**WHAT IS NEEDED:** Please report, as a single number with no other text, how many lines of the listing contain "Schema".

**DATA RECORDS:**
═══
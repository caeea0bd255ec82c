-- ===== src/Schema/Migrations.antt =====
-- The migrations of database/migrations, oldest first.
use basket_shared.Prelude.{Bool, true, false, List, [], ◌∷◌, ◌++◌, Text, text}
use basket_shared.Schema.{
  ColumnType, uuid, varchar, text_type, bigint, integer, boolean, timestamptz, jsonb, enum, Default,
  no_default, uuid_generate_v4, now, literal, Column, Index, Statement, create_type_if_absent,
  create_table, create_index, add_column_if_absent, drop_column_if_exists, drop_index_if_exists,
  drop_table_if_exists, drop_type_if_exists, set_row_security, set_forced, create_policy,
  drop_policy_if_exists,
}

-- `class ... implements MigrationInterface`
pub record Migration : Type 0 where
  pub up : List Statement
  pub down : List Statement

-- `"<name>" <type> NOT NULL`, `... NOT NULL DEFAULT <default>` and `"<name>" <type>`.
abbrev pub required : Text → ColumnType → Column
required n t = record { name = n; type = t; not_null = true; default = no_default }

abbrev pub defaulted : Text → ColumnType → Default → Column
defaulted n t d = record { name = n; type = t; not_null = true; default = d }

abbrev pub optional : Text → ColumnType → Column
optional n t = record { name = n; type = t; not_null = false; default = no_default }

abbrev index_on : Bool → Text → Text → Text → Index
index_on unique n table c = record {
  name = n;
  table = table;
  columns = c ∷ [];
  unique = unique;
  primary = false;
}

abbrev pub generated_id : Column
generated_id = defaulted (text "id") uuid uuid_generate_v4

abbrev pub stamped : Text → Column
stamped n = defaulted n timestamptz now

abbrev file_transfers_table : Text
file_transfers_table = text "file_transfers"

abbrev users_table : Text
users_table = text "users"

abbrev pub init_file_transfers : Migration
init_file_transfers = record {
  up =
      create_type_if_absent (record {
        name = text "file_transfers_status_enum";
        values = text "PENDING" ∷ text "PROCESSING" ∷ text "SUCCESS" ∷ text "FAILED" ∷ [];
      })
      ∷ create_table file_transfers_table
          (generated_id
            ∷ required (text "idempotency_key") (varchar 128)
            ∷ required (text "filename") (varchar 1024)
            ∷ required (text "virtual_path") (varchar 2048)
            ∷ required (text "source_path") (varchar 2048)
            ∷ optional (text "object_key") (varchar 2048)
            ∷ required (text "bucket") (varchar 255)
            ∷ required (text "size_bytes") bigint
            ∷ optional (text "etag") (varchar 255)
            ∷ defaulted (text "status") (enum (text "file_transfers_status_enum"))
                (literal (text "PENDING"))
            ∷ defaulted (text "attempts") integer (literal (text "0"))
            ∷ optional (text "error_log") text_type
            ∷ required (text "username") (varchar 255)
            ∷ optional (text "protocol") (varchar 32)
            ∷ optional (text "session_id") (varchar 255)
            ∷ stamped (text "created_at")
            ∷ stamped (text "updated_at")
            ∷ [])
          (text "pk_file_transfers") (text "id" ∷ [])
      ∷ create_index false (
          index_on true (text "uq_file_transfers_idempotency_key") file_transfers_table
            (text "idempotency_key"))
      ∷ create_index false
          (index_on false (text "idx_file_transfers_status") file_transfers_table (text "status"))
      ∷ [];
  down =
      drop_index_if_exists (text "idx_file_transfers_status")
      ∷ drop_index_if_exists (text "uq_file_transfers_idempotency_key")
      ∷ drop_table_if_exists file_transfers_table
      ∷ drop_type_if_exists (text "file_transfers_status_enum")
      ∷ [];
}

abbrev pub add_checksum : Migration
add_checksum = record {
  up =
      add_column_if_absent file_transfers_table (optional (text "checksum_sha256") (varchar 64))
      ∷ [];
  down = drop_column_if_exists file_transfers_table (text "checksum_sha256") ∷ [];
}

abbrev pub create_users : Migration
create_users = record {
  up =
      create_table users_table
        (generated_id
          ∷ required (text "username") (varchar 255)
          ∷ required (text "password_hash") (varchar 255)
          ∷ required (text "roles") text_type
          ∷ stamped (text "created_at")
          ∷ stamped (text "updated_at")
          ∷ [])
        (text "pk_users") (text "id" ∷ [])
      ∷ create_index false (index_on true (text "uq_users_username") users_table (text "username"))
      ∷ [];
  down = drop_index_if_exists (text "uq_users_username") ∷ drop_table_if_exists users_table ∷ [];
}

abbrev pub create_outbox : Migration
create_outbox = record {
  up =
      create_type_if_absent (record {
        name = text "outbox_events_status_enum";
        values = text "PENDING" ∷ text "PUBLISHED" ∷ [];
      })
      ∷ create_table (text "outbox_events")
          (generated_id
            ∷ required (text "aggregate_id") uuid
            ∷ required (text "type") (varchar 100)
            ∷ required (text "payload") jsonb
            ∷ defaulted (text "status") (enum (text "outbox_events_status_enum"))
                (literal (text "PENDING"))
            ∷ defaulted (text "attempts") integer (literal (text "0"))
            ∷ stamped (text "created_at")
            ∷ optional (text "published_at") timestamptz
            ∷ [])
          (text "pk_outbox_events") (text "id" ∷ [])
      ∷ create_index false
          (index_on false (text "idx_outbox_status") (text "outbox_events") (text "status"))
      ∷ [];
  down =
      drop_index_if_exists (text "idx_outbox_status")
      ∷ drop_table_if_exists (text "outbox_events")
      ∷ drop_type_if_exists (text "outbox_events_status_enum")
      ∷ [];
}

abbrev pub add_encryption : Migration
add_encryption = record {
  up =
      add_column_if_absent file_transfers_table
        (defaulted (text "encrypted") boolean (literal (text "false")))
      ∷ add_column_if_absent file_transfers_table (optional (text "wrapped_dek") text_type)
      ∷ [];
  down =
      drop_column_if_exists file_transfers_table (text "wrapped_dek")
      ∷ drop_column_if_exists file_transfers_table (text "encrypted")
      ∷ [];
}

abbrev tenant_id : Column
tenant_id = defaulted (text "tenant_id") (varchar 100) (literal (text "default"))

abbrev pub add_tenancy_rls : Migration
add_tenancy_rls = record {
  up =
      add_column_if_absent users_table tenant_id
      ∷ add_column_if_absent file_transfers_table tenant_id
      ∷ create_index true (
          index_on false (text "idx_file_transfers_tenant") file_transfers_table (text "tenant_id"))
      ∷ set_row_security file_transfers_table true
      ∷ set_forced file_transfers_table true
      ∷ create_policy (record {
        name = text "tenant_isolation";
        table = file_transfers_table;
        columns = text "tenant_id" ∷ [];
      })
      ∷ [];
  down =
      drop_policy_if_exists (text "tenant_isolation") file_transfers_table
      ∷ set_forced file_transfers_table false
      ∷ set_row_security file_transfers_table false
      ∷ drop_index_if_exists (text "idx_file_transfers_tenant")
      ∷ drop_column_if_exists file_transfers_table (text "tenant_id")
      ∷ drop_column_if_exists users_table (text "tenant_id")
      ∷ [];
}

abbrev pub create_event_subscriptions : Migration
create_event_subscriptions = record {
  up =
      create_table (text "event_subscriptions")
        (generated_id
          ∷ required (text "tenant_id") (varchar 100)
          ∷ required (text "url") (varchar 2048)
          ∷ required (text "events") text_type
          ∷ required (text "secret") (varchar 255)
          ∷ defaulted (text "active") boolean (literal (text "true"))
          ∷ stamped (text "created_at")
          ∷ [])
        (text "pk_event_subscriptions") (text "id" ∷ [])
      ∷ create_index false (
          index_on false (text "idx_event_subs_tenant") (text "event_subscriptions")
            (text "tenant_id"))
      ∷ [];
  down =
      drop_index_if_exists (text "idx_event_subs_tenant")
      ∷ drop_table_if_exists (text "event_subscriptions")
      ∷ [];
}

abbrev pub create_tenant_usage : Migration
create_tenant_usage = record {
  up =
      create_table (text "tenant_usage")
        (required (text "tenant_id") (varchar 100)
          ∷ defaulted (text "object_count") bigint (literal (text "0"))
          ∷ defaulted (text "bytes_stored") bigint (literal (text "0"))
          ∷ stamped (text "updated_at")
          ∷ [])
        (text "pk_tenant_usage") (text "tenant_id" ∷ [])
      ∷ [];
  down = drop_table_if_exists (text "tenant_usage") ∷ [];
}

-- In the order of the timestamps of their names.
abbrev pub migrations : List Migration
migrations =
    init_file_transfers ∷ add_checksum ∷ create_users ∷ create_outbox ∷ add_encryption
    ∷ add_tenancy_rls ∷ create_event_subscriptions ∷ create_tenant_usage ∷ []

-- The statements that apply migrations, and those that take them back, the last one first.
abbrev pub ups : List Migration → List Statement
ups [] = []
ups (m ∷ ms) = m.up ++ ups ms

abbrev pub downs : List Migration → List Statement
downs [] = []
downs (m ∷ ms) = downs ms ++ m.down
═══
**TASK RESPONSE:** 2